Endocrinol Jpn. 1988 Jun;35(3):517-21. doi: 10.1507/endocrj1954.35.517.
In two patients with congenital isolated thyrotropin (TSH) deficiency, serum TSH determined by a sensitive immunoradiometric assay (IRMA) was consistently undetectable. The basal levels of serum free TSH-alpha subunit (TSH-alpha) determined by a specific radioimmunoassay (RIA) were elevated in the hypothyroid state, and decreased to the undectable level during displacement therapy with thyroid hormone. The serum free TSH-alpha significantly increased following intravenous administration of thyrotropin releasing hormone (TRH). Serum free TSH-beta subunit (TSH-beta) was undectable. These findings suggest that TSH deficiency in this disease is not due to absence of thyrotroph in the pituitary gland or deficiency of TSH-alpha, but to abnormalities of the TSH-beta gene.

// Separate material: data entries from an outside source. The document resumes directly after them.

-- ===== src/Cluster/Requests.antt =====
-- internal/k8s/utils.go, EnsureObjectWithHash: what the operator asks the API server for so that an
-- object is there as it should be.
pub mod Sent
pub mod Convergence
pub mod Quiet
pub mod Deletion
pub mod Reruns
use shopware_operator.Prelude.{
  ℕ, zero, suc, String, Bool, true, false, not, ◌&&◌, ◌||◌, Option, none, some, List, [], ◌∷◌, eqb,
  ◌==◌, if◌then◌else◌,
}
use shopware_operator.Prelude.Int.{ℤ, pos, eqb_ℤ}
use shopware_operator.Prelude.Text.{concat}
use shopware_operator.Prelude.Assoc.{insert, lookup, erase}
use shopware_operator.Kube.{Reply, found, absent, failed, Result, ok, err}
use shopware_operator.Cluster.{
  Kind, Object, Api, last_config_hash_annotation, ignored_annotation, object_hash, without_hash,
  changed_meta_keys,
}
use shopware_operator.Cluster.Meta.{Map, is_empty}

-- client.MergeFrom and client.StrategicMergeFrom
pub data PatchType : Type 0 where
  merge strategic_merge : PatchType

-- A request to the API server that changes something.
pub data Request : Type 0 where
  create : Object → Request
  patch : PatchType → Object → Request
  delete : Object → Request

-- The requests that a call has sent, and its error.
pub record Outcome : Type 0 where
  pub requests : List Request
  pub error : Option String

abbrev pub quiet : Option String → Outcome
quiet e = record { requests = []; error = e }

-- `if err := f(); err != nil { return errors.Wrapf(err, text) }`
abbrev pub wrapped : String → Option String → Option String
wrapped text none = none
wrapped text (some e) = some (concat (text ∷ ": " ∷ e ∷ []))

abbrev full_name : Object → String
full_name o = concat (o.namespace ∷ "/" ∷ o.name ∷ [])

abbrev pub is_deployment : Kind → Bool
is_deployment Kind.deployment = true
is_deployment _ = false

abbrev pub is_service : Kind → Bool
is_service Kind.service = true
is_service _ = false

abbrev pub is_job : Kind → Bool
is_job Kind.job = true
is_job _ = false

-- controllerutil.SetControllerReference
abbrev pub owner_refused : Api → Option String → Object → Option String
owner_refused api none o = none
owner_refused api (some owner) o = api.owner_error owner o

abbrev pub with_owner : Option String → Object → Object
with_owner none o = o
with_owner (some owner) o = record o { owner = some owner }

-- The object with its hash among the annotations. The hash is taken of the object without one.
abbrev pub with_hash : Api → Object → Object
with_hash api o = record o {
  annotations =
      insert last_config_hash_annotation (object_hash api (without_hash o))
        (erase last_config_hash_annotation o.annotations);
}

abbrev pub keep_annotation : Option String → Map → Map
keep_annotation none m = m
keep_annotation (some v) m = insert ignored_annotation v m

-- The annotations of a deployment that the cluster itself writes are taken from the deployed one.
abbrev pub with_kept : Object → Object → Object
with_kept old o =
    if is_deployment o.kind
    then record o {
      annotations = keep_annotation (lookup ignored_annotation old.annotations) o.annotations;
    }
    else o

abbrev with_service_fields : Object → Object → Object
with_service_fields old o =
    if is_service o.kind
    then record o {
      cluster_ip = old.cluster_ip;
      health_check_node_port =
          if o.is_load_balancer then old.health_check_node_port else o.health_check_node_port;
    }
    else o

-- What a patch sends: the object with the version and the fields that the deployed one has.
abbrev pub with_deployed : Object → Object → Object
with_deployed old o = with_service_fields old (record o { resource_version = old.resource_version })

-- `oldObject.GetAnnotations()[key]`
abbrev pub text_of : Option String → String
text_of none = ""
text_of (some v) = v

abbrev pub patch_type : Kind → PatchType
patch_type Kind.certificate = merge
patch_type Kind.http_route = merge
patch_type Kind.scaled_object = merge
patch_type _ = strategic_merge

-- The loop that waits for the end of a deletion, with the number of the next poll and of those that are
-- left: how many polls it has made.
unfoldable pub wait_deleted : (ℕ → Reply Object) → String → ℕ → ℕ → Result ℕ
wait_deleted polls text i zero = ok i
wait_deleted polls text i (suc left) =
    let rest = wait_deleted polls text (suc i) left in
    elim (polls i) [
      | absent e ↦ ok (suc i)
      | failed e ↦ (if eqb i 10 then err (concat (text ∷ ": " ∷ e ∷ [])) else rest)
      | found o ↦ rest
    ]

abbrev pub create_job : Api → Object → Object → Result ℕ → Outcome
create_job api old o (err e) = record {
  requests = delete (with_deployed old o) ∷ [];
  error = some e;
}
create_job api old o (ok n) =
    let fresh = record (with_deployed old o) { resource_version = "" } in
    record {
      requests = delete (with_deployed old o) ∷ create fresh ∷ [];
      error = wrapped (concat ("create job " ∷ full_name o ∷ [])) (api.create_error fresh);
    }

-- A job is deleted and created again, since it can not be changed.
unfoldable pub replace_job : Api → Object → Object → Outcome
replace_job api old o =
    let text = concat ("delete job " ∷ full_name o ∷ []) in
    elim (wrapped text (api.delete_error (with_deployed old o))) [
      | some e ↦ record { requests = delete (with_deployed old o) ∷ []; error = some e }
      | none ↦ create_job api old o (wait_deleted api.polls text 0 10)
    ]

-- `obj.TypeMeta = oldObj.DeepCopy().TypeMeta`
abbrev pub with_type : PatchType → Object → Object → Object
with_type merge old o = record o { type_meta = old.type_meta }
with_type strategic_merge old o = o

abbrev patch_object : Api → Object → Object → Outcome
patch_object api old o =
    let sent = with_type (patch_type o.kind) old (with_deployed old o) in
    record {
      requests = patch (patch_type o.kind) sent ∷ [];
      error = wrapped (concat ("patch " ∷ full_name o ∷ [])) (api.patch_error sent);
    }

abbrev pub has_succeeded : Object → Bool
has_succeeded o = not (eqb_ℤ o.succeeded (pos 0))

unfoldable pub update : Api → Object → Object → Outcome
update api old o =
    if is_job o.kind
    then (if has_succeeded o then quiet none else replace_job api old o)
    else patch_object api old o

-- Whether the deployed object differs from the one that is to be there.
unfoldable pub differs : String → Object → Object → Bool
differs hash old o =
    not (text_of (lookup last_config_hash_annotation old.annotations) == hash)
    || not (is_empty (changed_meta_keys o old))

-- The hash is that of the object before it was written to the annotations.
abbrev ensure_deployed : Api → String → Object → Object → Outcome
ensure_deployed api hash old o =
    let kept = with_kept old o in if differs hash old kept then update api old kept else quiet none

abbrev create_object : Api → Object → Outcome
create_object api o = record {
  requests = create o ∷ [];
  error = wrapped (concat ("create " ∷ full_name o ∷ [])) (api.create_error o);
}

abbrev pub ensure_reply : Api → String → Object → Reply Object → Outcome
ensure_reply api hash o (absent e) = create_object api o
ensure_reply api hash o (failed e) = quiet (wrapped (concat ("get " ∷ full_name o ∷ [])) (some e))
ensure_reply api hash o (found old) = ensure_deployed api hash old o

abbrev ensure_owned : Api → Option String → Object → Option String → Outcome
ensure_owned api owner o (some e) =
    quiet
      (wrapped (concat ("set controller reference to " ∷ o.type_meta ∷ "/" ∷ o.name ∷ [])) (some e))
ensure_owned api owner o none =
    let p = with_owner owner o in
    ensure_reply api (object_hash api (without_hash p)) (with_hash api p)
      (api.get o.kind o.namespace o.name)

-- EnsureObjectWithHash
unfoldable pub ensure_object_with_hash : Api → Option String → Object → Outcome
ensure_object_with_hash api owner o = ensure_owned api owner o (owner_refused api owner o)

在两名先天性单纯促甲状腺激素(TSH)缺乏症患者中,通过灵敏免疫放射分析(IRMA)测定的血清TSH始终无法检测到。通过特异性放射免疫分析(RIA)测定的血清游离TSH-α亚基(TSH-α)的基础水平在甲状腺功能减退状态下升高,而在用甲状腺激素替代治疗期间降至无法检测的水平。静脉注射促甲状腺激素释放激素(TRH)后,血清游离TSH-β亚基(TSH-β)显著增加。血清游离TSH-β无法检测到。这些发现表明,该疾病中的TSH缺乏并非由于垂体中促甲状腺细胞缺失或TSH-α缺乏,而是由于TSH-β基因异常。